* **How to complete this task**: Each record must be repeated exactly as it stands.

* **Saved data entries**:

- - -

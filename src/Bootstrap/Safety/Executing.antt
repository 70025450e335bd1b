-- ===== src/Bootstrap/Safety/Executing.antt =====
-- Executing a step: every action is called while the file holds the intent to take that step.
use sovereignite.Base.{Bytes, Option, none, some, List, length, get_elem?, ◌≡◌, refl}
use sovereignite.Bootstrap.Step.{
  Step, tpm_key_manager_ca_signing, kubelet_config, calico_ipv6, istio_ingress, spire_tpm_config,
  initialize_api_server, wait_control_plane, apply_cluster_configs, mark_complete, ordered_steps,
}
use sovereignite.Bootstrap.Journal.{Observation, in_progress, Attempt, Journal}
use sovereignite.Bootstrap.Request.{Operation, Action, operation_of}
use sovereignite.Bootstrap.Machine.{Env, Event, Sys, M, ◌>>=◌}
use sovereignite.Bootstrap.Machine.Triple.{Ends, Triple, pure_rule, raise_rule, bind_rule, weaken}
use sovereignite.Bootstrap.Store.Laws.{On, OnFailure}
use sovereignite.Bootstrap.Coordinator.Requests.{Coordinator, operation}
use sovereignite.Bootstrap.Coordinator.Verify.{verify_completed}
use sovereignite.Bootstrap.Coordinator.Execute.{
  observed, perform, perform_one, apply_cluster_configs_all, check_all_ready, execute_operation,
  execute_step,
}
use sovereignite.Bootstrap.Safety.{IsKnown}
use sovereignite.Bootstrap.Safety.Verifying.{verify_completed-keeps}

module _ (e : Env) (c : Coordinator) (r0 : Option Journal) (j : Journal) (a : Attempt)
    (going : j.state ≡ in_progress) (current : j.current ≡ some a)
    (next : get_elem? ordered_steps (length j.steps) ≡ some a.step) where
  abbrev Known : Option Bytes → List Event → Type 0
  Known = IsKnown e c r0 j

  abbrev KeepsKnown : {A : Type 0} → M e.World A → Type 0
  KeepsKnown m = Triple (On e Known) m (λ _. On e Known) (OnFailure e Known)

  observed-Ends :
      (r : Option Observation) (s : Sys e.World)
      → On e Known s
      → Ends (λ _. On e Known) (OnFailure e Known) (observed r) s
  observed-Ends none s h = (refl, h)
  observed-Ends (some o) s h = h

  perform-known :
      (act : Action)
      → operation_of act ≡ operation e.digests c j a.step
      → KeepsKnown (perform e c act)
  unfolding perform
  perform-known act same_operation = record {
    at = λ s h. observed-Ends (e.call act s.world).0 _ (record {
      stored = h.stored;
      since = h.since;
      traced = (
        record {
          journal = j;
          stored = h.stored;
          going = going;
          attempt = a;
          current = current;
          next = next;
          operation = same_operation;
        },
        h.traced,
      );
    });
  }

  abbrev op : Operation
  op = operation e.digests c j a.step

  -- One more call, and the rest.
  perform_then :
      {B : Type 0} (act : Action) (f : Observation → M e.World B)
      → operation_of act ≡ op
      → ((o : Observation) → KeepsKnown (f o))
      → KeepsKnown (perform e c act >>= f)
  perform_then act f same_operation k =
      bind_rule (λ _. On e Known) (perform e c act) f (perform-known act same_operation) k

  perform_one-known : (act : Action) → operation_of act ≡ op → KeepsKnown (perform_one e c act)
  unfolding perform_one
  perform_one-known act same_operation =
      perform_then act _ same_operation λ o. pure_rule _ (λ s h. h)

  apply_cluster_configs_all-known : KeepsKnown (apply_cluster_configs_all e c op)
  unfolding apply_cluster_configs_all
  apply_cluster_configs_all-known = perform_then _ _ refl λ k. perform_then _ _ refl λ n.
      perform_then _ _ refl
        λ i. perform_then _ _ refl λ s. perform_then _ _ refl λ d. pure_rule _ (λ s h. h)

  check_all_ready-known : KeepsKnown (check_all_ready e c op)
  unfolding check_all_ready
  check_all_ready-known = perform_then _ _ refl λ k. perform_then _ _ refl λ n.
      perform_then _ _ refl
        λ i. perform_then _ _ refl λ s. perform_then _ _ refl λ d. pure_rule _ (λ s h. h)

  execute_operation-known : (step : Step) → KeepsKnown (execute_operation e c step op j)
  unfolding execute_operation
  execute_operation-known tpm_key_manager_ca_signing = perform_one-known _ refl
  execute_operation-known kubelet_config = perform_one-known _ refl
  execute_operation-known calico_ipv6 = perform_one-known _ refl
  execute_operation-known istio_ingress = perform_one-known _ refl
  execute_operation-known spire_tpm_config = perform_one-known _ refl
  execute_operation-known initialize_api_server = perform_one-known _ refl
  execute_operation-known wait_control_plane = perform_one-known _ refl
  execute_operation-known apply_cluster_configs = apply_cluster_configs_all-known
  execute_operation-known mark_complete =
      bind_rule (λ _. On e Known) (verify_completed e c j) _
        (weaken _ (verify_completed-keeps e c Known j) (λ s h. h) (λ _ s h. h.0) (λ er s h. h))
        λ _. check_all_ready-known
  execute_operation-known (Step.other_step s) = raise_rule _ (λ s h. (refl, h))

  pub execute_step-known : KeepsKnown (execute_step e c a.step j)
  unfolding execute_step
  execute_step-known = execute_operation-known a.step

- - -

* **Written solution**:
filename src/Bootstrap/Safety/Executing.antt
repository 70025450e335bd1b
-- ===== src/Bootstrap/Safety/Executing.antt =====
-- Executing a step: every action is called while the file holds the intent to take that step.
use sovereignite.Base.{Bytes, Option, none, some, List, length, get_elem?, ◌≡◌, refl}
use sovereignite.Bootstrap.Step.{
  Step, tpm_key_manager_ca_signing, kubelet_config, calico_ipv6, istio_ingress, spire_tpm_config,
  initialize_api_server, wait_control_plane, apply_cluster_configs, mark_complete, ordered_steps,
}
use sovereignite.Bootstrap.Journal.{Observation, in_progress, Attempt, Journal}
use sovereignite.Bootstrap.Request.{Operation, Action, operation_of}
use sovereignite.Bootstrap.Machine.{Env, Event, Sys, M, ◌>>=◌}
use sovereignite.Bootstrap.Machine.Triple.{Ends, Triple, pure_rule, raise_rule, bind_rule, weaken}
use sovereignite.Bootstrap.Store.Laws.{On, OnFailure}
use sovereignite.Bootstrap.Coordinator.Requests.{Coordinator, operation}
use sovereignite.Bootstrap.Coordinator.Verify.{verify_completed}
use sovereignite.Bootstrap.Coordinator.Execute.{
  observed, perform, perform_one, apply_cluster_configs_all, check_all_ready, execute_operation,
  execute_step,
}
use sovereignite.Bootstrap.Safety.{IsKnown}
use sovereignite.Bootstrap.Safety.Verifying.{verify_completed-keeps}

module _ (e : Env) (c : Coordinator) (r0 : Option Journal) (j : Journal) (a : Attempt)
    (going : j.state ≡ in_progress) (current : j.current ≡ some a)
    (next : get_elem? ordered_steps (length j.steps) ≡ some a.step) where
  abbrev Known : Option Bytes → List Event → Type 0
  Known = IsKnown e c r0 j

  abbrev KeepsKnown : {A : Type 0} → M e.World A → Type 0
  KeepsKnown m = Triple (On e Known) m (λ _. On e Known) (OnFailure e Known)

  observed-Ends :
      (r : Option Observation) (s : Sys e.World)
      → On e Known s
      → Ends (λ _. On e Known) (OnFailure e Known) (observed r) s
  observed-Ends none s h = (refl, h)
  observed-Ends (some o) s h = h

  perform-known :
      (act : Action)
      → operation_of act ≡ operation e.digests c j a.step
      → KeepsKnown (perform e c act)
  unfolding perform
  perform-known act same_operation = record {
    at = λ s h. observed-Ends (e.call act s.world).0 _ (record {
      stored = h.stored;
      since = h.since;
      traced = (
        record {
          journal = j;
          stored = h.stored;
          going = going;
          attempt = a;
          current = current;
          next = next;
          operation = same_operation;
        },
        h.traced,
      );
    });
  }

  abbrev op : Operation
  op = operation e.digests c j a.step

  -- One more call, and the rest.
  perform_then :
      {B : Type 0} (act : Action) (f : Observation → M e.World B)
      → operation_of act ≡ op
      → ((o : Observation) → KeepsKnown (f o))
      → KeepsKnown (perform e c act >>= f)
  perform_then act f same_operation k =
      bind_rule (λ _. On e Known) (perform e c act) f (perform-known act same_operation) k

  perform_one-known : (act : Action) → operation_of act ≡ op → KeepsKnown (perform_one e c act)
  unfolding perform_one
  perform_one-known act same_operation =
      perform_then act _ same_operation λ o. pure_rule _ (λ s h. h)

  apply_cluster_configs_all-known : KeepsKnown (apply_cluster_configs_all e c op)
  unfolding apply_cluster_configs_all
  apply_cluster_configs_all-known = perform_then _ _ refl λ k. perform_then _ _ refl λ n.
      perform_then _ _ refl
        λ i. perform_then _ _ refl λ s. perform_then _ _ refl λ d. pure_rule _ (λ s h. h)

  check_all_ready-known : KeepsKnown (check_all_ready e c op)
  unfolding check_all_ready
  check_all_ready-known = perform_then _ _ refl λ k. perform_then _ _ refl λ n.
      perform_then _ _ refl
        λ i. perform_then _ _ refl λ s. perform_then _ _ refl λ d. pure_rule _ (λ s h. h)

  execute_operation-known : (step : Step) → KeepsKnown (execute_operation e c step op j)
  unfolding execute_operation
  execute_operation-known tpm_key_manager_ca_signing = perform_one-known _ refl
  execute_operation-known kubelet_config = perform_one-known _ refl
  execute_operation-known calico_ipv6 = perform_one-known _ refl
  execute_operation-known istio_ingress = perform_one-known _ refl
  execute_operation-known spire_tpm_config = perform_one-known _ refl
  execute_operation-known initialize_api_server = perform_one-known _ refl
  execute_operation-known wait_control_plane = perform_one-known _ refl
  execute_operation-known apply_cluster_configs = apply_cluster_configs_all-known
  execute_operation-known mark_complete =
      bind_rule (λ _. On e Known) (verify_completed e c j) _
        (weaken _ (verify_completed-keeps e c Known j) (λ s h. h) (λ _ s h. h.0) (λ er s h. h))
        λ _. check_all_ready-known
  execute_operation-known (Step.other_step s) = raise_rule _ (λ s h. (refl, h))

  pub execute_step-known : KeepsKnown (execute_step e c a.step j)
  unfolding execute_step
  execute_step-known = execute_operation-known a.step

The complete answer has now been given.